● **Stored data**
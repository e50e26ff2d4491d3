-- ===== src/Wallet/Sessions.antt =====
-- What a user's session with the wallet can come to.
use universal_login_sdk.Prelude.{
  ◌≡◌, refl, ◌⊎◌, inl, inr, Bool, true, false, Option, none, some, List, [], ◌∷◌, Text, Result, ok,
  err, arith,
}
use universal_login_sdk.Wallet.{
  UserWallet, FutureWallet, AnyWallet, WalletState, WalletError, WalletService, new_service,
  contract_address_of, create_future_wallet, set_future_wallet, set_deployed, connect, disconnect,
  get_name, get_contract_address,
}

-- The calls that change the service.
pub data Call : Type 0 where
  create : Result WalletError FutureWallet → Call
  set_future : FutureWallet → Call
  deployed_as : Text → Call
  connect_to : UserWallet → Call
  leave : Call

-- The service after a call, whether the call returned or threw.
pub after : Call → WalletService → WalletService
after (create answer) s = (create_future_wallet answer s).1
after (set_future w) s = (set_future_wallet w s).1
after (deployed_as name) s = (set_deployed name s).1
after (connect_to w) s = (connect w s).1
after leave s = (disconnect s).1

pub after_all : List Call → WalletService → WalletService
unfolding after
after_all [] s = s
after_all (c ∷ cs) s = after_all cs (after c s)

-- The state tells which kind of wallet is held.
unfoldable pub fits : WalletState → Option AnyWallet → Bool
fits WalletState.state_none none = true
fits WalletState.state_future (some (AnyWallet.future w)) = true
fits WalletState.state_deployed (some (AnyWallet.user w)) = true
fits _ _ = false

abbrev pub IsConsistent : WalletService → Type 0
IsConsistent s = fits s.state s.user_wallet ≡ true

-- What a consistent service holds.
pub fits-cases :
    (state : WalletState) (held : Option AnyWallet)
    → fits state held ≡ true
    → ((state ≡ WalletState.state_none) × (held ≡ none))
      ⊎ (((w : FutureWallet) × (state ≡ WalletState.state_future)
            × (held ≡ some (AnyWallet.future w)))
          ⊎ ((w : UserWallet) × (state ≡ WalletState.state_deployed)
              × (held ≡ some (AnyWallet.user w))))
unfolding fits
fits-cases WalletState.state_none none h = inl (refl, refl)
fits-cases WalletState.state_future (some (AnyWallet.future w)) h = inr (inl (w, refl, refl))
fits-cases WalletState.state_deployed (some (AnyWallet.user w)) h = inr (inr (w, refl, refl))
fits-cases WalletState.state_none (some w) h = absurd (ground arith)
fits-cases WalletState.state_future none h = absurd (ground arith)
fits-cases WalletState.state_future (some (AnyWallet.user w)) h = absurd (ground arith)
fits-cases WalletState.state_deployed none h = absurd (ground arith)
fits-cases WalletState.state_deployed (some (AnyWallet.future w)) h = absurd (ground arith)

-- Whether the call may put another wallet in the place of the one that is held.
abbrev pub leaves : Call → Bool
leaves leave = true
leaves _ = false

-- The address of the wallet that is held.
abbrev pub address_in : WalletService → Option Text
address_in s = elim s.user_wallet [ none ↦ none | some w ↦ some (contract_address_of w) ]

after-IsConsistent : (c : Call) (s : WalletService) → IsConsistent s → IsConsistent (after c s)
unfolding after create_future_wallet set_future_wallet set_deployed connect disconnect fits
after-IsConsistent leave s h = refl
after-IsConsistent (create (ok w)) s h = elim (fits-cases s.state s.user_wallet h) [
  | inl (e1, e2) ↦ ground arith
  | inr (inl (w, e1, e2)) ↦ ground arith
  | inr (inr (w, e1, e2)) ↦ ground arith
]
after-IsConsistent (create (err x)) s h = h
after-IsConsistent (set_future f) s h = elim (fits-cases s.state s.user_wallet h) [
  | inl (e1, e2) ↦ ground arith
  | inr (inl (w, e1, e2)) ↦ ground arith
  | inr (inr (w, e1, e2)) ↦ ground arith
]
after-IsConsistent (deployed_as name) s h = elim (fits-cases s.state s.user_wallet h) [
  | inl (e1, e2) ↦ ground arith
  | inr (inl (w, e1, e2)) ↦ ground arith
  | inr (inr (w, e1, e2)) ↦ ground arith
]
after-IsConsistent (connect_to u) s h = elim (fits-cases s.state s.user_wallet h) [
  | inl (e1, e2) ↦ ground arith
  | inr (inl (w, e1, e2)) ↦ ground arith
  | inr (inr (w, e1, e2)) ↦ ground arith
]

after_all-from :
    (cs : List Call) (s : WalletService) → IsConsistent s → IsConsistent (after_all cs s)
unfolding after_all
after_all-from [] s h = h
after_all-from (c ∷ cs) s h = after_all-from cs (after c s) (after-IsConsistent c s h)

-- Whatever calls a session makes, and whichever of them throw, the state tells whether no wallet, a
-- future wallet or a deployed one is held.
pub after_all-IsConsistent : (cs : List Call) → IsConsistent (after_all cs new_service)
unfolding fits
after_all-IsConsistent cs = after_all-from cs new_service refl

-- A wallet that is held is never replaced by one at another address: only disconnect gives it up.
pub after-address_in :
    (c : Call) (s : WalletService) (address : Text)
    → IsConsistent s
    → leaves c ≡ false
    → address_in s ≡ some address
    → address_in (after c s) ≡ some address
unfolding after create_future_wallet set_future_wallet set_deployed connect
after-address_in leave s address h stays held = absurd (ground arith)
after-address_in (create (ok f)) s address h stays held =
    elim (fits-cases s.state s.user_wallet h) [
      | inl (e1, e2) ↦ ground arith
      | inr (inl (w, e1, e2)) ↦ ground arith
      | inr (inr (w, e1, e2)) ↦ ground arith
    ]
after-address_in (create (err x)) s address h stays held = held
after-address_in (set_future f) s address h stays held = elim (fits-cases s.state s.user_wallet h) [
  | inl (e1, e2) ↦ ground arith
  | inr (inl (w, e1, e2)) ↦ ground arith
  | inr (inr (w, e1, e2)) ↦ ground arith
]
after-address_in (deployed_as name) s address h stays held =
    elim (fits-cases s.state s.user_wallet h) [
      | inl (e1, e2) ↦ ground arith
      | inr (inl (w, e1, e2)) ↦ ground arith
      | inr (inr (w, e1, e2)) ↦ ground arith
    ]
after-address_in (connect_to u) s address h stays held = elim (fits-cases s.state s.user_wallet h) [
  | inl (e1, e2) ↦ ground arith
  | inr (inl (w, e1, e2)) ↦ ground arith
  | inr (inr (w, e1, e2)) ↦ ground arith
]

-- A future wallet that is set as deployed is presented under the given name and at the address that
-- it had.
pub get_name-set_deployed :
    (name : Text) (s : WalletService)
    → IsConsistent s
    → s.state ≡ WalletState.state_future
    → ((set_deployed name s).0 ≡ ok tt)
      × ((get_name (set_deployed name s).1).0 ≡ ok (some name))
      × ((get_contract_address (set_deployed name s).1).0 ≡ (get_contract_address s).0)
unfolding set_deployed get_name get_contract_address
get_name-set_deployed name s h waits = elim (fits-cases s.state s.user_wallet h) [
  | inl (e1, e2) ↦ absurd (ground arith)
  | inr (inl (w, e1, e2)) ↦ (ground arith, ground arith, ground arith)
  | inr (inr (w, e1, e2)) ↦ absurd (ground arith)
]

● **What is being asked**
In the records above, copy exactly the lines from the one that contains "arith, ground arith)" through the last, and nothing else.

● **Solution**
  | inr (inl (w, e1, e2)) ↦ (ground arith, ground arith, ground arith)
  | inr (inr (w, e1, e2)) ↦ absurd (ground arith)
]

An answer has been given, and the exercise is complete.